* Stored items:
★ ★ ★ ★ ★
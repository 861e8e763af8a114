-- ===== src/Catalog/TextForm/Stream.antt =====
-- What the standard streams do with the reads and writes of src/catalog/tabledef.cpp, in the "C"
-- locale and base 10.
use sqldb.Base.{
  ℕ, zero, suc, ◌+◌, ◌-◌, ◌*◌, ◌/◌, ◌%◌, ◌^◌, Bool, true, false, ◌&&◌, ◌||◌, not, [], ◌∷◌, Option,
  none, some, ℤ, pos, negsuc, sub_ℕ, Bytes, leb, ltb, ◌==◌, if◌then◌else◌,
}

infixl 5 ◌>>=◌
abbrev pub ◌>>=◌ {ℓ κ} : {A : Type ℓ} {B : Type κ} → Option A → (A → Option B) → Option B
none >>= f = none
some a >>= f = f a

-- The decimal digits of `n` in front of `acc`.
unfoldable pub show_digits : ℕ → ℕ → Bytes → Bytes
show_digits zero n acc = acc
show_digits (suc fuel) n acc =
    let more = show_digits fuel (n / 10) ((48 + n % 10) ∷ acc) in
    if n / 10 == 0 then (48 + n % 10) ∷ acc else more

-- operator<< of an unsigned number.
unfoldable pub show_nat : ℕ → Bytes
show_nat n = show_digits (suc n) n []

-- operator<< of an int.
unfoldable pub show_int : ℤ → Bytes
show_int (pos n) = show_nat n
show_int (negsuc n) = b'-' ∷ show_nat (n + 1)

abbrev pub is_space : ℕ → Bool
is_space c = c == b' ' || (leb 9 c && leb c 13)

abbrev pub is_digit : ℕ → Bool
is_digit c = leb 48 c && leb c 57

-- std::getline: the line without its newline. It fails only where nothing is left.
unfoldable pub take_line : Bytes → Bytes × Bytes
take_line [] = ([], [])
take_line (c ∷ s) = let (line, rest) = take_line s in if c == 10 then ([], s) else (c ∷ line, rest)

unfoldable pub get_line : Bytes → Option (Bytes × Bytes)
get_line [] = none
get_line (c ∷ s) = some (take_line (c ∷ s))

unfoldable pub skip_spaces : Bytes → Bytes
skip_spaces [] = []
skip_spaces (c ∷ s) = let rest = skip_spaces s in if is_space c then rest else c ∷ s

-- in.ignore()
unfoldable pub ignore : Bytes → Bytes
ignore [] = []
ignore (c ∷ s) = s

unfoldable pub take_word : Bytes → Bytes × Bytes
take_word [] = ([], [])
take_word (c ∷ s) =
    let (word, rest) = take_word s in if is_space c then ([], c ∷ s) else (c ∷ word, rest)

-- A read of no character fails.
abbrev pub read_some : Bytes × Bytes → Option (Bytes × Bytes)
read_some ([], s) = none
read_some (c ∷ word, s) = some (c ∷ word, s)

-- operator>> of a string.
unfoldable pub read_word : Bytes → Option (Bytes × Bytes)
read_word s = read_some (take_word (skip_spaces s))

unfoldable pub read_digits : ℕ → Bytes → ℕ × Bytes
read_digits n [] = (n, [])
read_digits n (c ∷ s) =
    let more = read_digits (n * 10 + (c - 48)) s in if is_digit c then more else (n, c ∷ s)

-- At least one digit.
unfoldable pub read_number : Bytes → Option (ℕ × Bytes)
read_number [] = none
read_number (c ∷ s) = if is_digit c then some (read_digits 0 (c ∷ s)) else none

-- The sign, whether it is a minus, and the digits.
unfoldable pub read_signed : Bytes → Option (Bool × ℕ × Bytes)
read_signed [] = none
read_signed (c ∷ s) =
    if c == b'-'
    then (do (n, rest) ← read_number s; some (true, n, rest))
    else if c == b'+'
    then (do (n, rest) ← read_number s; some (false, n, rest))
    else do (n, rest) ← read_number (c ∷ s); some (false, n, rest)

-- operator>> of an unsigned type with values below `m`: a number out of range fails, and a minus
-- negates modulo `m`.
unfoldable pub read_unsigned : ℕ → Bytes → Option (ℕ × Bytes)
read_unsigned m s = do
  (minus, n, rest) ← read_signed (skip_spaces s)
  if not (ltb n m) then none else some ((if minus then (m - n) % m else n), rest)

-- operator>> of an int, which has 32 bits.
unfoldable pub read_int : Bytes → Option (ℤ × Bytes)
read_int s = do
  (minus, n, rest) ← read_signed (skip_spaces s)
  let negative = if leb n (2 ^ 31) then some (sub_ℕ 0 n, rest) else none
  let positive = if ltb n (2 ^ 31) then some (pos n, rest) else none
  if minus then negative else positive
★ ★ ★ ★ ★
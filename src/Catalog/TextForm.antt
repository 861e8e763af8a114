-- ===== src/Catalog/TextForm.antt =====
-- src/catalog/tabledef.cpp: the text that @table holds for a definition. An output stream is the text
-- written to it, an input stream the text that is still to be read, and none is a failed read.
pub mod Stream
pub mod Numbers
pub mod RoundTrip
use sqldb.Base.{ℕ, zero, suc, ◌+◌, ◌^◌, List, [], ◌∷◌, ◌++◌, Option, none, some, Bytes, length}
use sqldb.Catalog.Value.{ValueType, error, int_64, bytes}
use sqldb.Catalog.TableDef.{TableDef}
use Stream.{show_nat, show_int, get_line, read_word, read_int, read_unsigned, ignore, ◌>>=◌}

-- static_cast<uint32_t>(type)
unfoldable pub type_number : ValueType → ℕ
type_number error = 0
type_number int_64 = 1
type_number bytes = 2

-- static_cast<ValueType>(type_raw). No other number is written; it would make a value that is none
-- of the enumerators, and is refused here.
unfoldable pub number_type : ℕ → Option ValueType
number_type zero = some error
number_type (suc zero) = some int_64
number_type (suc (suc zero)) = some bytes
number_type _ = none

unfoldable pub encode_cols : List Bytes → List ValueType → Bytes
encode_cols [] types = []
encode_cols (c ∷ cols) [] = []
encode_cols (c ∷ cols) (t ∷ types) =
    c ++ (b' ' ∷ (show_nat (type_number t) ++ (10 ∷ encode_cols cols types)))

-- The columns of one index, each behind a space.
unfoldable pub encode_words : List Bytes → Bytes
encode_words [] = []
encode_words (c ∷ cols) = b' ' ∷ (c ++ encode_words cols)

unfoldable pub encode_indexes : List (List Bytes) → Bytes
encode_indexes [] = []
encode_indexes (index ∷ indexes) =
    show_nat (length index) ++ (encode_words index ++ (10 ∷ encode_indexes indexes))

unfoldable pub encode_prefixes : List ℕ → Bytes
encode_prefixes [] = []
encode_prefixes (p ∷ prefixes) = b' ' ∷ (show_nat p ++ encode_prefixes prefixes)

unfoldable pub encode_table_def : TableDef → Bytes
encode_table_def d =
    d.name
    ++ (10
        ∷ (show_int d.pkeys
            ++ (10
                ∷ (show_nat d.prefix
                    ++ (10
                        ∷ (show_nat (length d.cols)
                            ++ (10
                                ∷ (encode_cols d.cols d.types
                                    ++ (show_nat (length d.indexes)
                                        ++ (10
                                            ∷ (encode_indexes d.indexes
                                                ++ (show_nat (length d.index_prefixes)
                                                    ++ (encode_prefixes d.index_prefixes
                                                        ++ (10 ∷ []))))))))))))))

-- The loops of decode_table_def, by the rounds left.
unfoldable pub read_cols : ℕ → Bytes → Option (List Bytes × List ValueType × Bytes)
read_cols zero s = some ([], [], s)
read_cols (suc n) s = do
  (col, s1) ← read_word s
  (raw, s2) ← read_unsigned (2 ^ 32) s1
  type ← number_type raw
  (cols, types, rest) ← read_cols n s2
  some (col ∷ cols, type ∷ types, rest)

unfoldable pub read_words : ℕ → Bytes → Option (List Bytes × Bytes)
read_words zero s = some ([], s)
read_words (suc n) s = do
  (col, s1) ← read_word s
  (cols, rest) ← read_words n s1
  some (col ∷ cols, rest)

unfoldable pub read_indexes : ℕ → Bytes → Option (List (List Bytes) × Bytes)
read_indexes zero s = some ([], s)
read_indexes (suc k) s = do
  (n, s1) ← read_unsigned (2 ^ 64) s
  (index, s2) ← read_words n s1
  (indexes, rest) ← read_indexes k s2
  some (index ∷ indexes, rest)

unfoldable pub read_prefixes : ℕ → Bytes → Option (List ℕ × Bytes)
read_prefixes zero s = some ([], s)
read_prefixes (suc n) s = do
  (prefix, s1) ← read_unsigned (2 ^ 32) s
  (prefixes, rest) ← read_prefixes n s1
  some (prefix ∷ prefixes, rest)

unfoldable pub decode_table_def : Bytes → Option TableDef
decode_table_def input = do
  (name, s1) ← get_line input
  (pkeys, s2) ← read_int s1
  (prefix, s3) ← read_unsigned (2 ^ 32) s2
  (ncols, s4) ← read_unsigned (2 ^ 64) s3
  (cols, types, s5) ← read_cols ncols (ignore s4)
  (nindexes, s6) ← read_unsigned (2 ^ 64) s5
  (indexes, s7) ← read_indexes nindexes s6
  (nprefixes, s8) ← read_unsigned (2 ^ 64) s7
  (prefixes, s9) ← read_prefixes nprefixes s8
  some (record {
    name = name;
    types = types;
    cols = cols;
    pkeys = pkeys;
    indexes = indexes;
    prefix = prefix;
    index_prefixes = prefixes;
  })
★ ★ ★ ★ ★
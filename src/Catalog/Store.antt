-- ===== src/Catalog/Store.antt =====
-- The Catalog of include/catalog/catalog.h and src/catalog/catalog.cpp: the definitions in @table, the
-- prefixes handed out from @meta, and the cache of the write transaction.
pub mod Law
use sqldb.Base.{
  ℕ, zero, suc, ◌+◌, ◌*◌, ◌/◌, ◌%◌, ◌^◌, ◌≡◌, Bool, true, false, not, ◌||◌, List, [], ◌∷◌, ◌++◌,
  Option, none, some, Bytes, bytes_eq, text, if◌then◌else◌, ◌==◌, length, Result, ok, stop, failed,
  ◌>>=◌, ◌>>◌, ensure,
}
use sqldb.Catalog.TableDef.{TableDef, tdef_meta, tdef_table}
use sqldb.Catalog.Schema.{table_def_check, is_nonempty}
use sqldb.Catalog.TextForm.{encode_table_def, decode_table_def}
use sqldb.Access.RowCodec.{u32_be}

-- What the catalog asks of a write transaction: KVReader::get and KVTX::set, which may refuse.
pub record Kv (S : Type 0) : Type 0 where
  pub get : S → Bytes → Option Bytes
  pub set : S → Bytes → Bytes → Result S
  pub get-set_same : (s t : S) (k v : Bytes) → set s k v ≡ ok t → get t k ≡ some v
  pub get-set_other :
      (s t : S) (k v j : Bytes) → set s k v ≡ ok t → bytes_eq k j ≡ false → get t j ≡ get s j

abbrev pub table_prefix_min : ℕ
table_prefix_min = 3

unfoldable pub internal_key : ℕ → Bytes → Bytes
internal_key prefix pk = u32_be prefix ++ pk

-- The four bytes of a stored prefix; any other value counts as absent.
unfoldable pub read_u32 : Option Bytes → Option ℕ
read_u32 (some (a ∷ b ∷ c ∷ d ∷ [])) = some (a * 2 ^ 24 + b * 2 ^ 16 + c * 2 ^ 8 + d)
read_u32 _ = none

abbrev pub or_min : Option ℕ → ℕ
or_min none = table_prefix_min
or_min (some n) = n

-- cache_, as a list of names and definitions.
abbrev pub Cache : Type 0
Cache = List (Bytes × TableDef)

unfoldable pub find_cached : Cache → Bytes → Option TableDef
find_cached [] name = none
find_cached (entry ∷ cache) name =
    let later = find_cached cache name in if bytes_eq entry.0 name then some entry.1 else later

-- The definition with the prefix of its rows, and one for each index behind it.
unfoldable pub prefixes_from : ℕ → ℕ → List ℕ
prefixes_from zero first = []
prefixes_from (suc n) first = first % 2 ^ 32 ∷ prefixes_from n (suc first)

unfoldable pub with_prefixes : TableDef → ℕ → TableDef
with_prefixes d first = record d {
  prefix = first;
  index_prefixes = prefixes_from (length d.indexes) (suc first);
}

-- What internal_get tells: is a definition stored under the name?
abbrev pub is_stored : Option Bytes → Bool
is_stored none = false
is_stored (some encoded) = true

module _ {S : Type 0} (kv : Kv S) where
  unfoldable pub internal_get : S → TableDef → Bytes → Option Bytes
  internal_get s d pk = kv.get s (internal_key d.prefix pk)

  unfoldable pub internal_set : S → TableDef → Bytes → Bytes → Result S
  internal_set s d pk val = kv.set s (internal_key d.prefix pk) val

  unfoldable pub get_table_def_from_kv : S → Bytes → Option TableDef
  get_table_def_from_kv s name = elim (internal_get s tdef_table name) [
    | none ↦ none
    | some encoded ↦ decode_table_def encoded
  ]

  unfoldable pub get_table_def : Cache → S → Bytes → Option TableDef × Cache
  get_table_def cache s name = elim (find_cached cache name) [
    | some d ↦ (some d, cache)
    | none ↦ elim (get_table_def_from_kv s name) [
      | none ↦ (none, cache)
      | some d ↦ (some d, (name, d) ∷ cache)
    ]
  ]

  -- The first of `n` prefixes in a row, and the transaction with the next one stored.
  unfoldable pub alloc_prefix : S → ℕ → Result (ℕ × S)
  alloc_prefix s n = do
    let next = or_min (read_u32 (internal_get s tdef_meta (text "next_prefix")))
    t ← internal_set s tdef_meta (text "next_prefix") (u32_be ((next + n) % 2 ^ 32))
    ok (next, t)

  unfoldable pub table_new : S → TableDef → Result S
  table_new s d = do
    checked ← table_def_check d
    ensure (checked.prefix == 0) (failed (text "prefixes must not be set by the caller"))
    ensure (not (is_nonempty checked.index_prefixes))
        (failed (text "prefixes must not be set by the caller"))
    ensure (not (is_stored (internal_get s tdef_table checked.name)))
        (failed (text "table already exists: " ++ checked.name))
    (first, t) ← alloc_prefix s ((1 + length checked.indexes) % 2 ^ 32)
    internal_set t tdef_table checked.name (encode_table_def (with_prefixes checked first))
★ ★ ★ ★ ★
* PROBLEM DESCRIPTION: Please transcribe exactly the lines above from the line that has "some a >>= f = f a" up to and including the line that has "-- operator>> of a string."; no other line belongs in the answer.

* OUTPUT OF THE EXERCISE:
some a >>= f = f a

-- The decimal digits of `n` in front of `acc`.
unfoldable pub show_digits : ℕ → ℕ → Bytes → Bytes
show_digits zero n acc = acc
show_digits (suc fuel) n acc =
    let more = show_digits fuel (n / 10) ((48 + n % 10) ∷ acc) in
    if n / 10 == 0 then (48 + n % 10) ∷ acc else more

-- operator<< of an unsigned number.
unfoldable pub show_nat : ℕ → Bytes
show_nat n = show_digits (suc n) n []

-- operator<< of an int.
unfoldable pub show_int : ℤ → Bytes
show_int (pos n) = show_nat n
show_int (negsuc n) = b'-' ∷ show_nat (n + 1)

abbrev pub is_space : ℕ → Bool
is_space c = c == b' ' || (leb 9 c && leb c 13)

abbrev pub is_digit : ℕ → Bool
is_digit c = leb 48 c && leb c 57

-- std::getline: the line without its newline. It fails only where nothing is left.
unfoldable pub take_line : Bytes → Bytes × Bytes
take_line [] = ([], [])
take_line (c ∷ s) = let (line, rest) = take_line s in if c == 10 then ([], s) else (c ∷ line, rest)

unfoldable pub get_line : Bytes → Option (Bytes × Bytes)
get_line [] = none
get_line (c ∷ s) = some (take_line (c ∷ s))

unfoldable pub skip_spaces : Bytes → Bytes
skip_spaces [] = []
skip_spaces (c ∷ s) = let rest = skip_spaces s in if is_space c then rest else c ∷ s

-- in.ignore()
unfoldable pub ignore : Bytes → Bytes
ignore [] = []
ignore (c ∷ s) = s

unfoldable pub take_word : Bytes → Bytes × Bytes
take_word [] = ([], [])
take_word (c ∷ s) =
    let (word, rest) = take_word s in if is_space c then ([], c ∷ s) else (c ∷ word, rest)

-- A read of no character fails.
abbrev pub read_some : Bytes × Bytes → Option (Bytes × Bytes)
read_some ([], s) = none
read_some (c ∷ word, s) = some (c ∷ word, s)

-- operator>> of a string.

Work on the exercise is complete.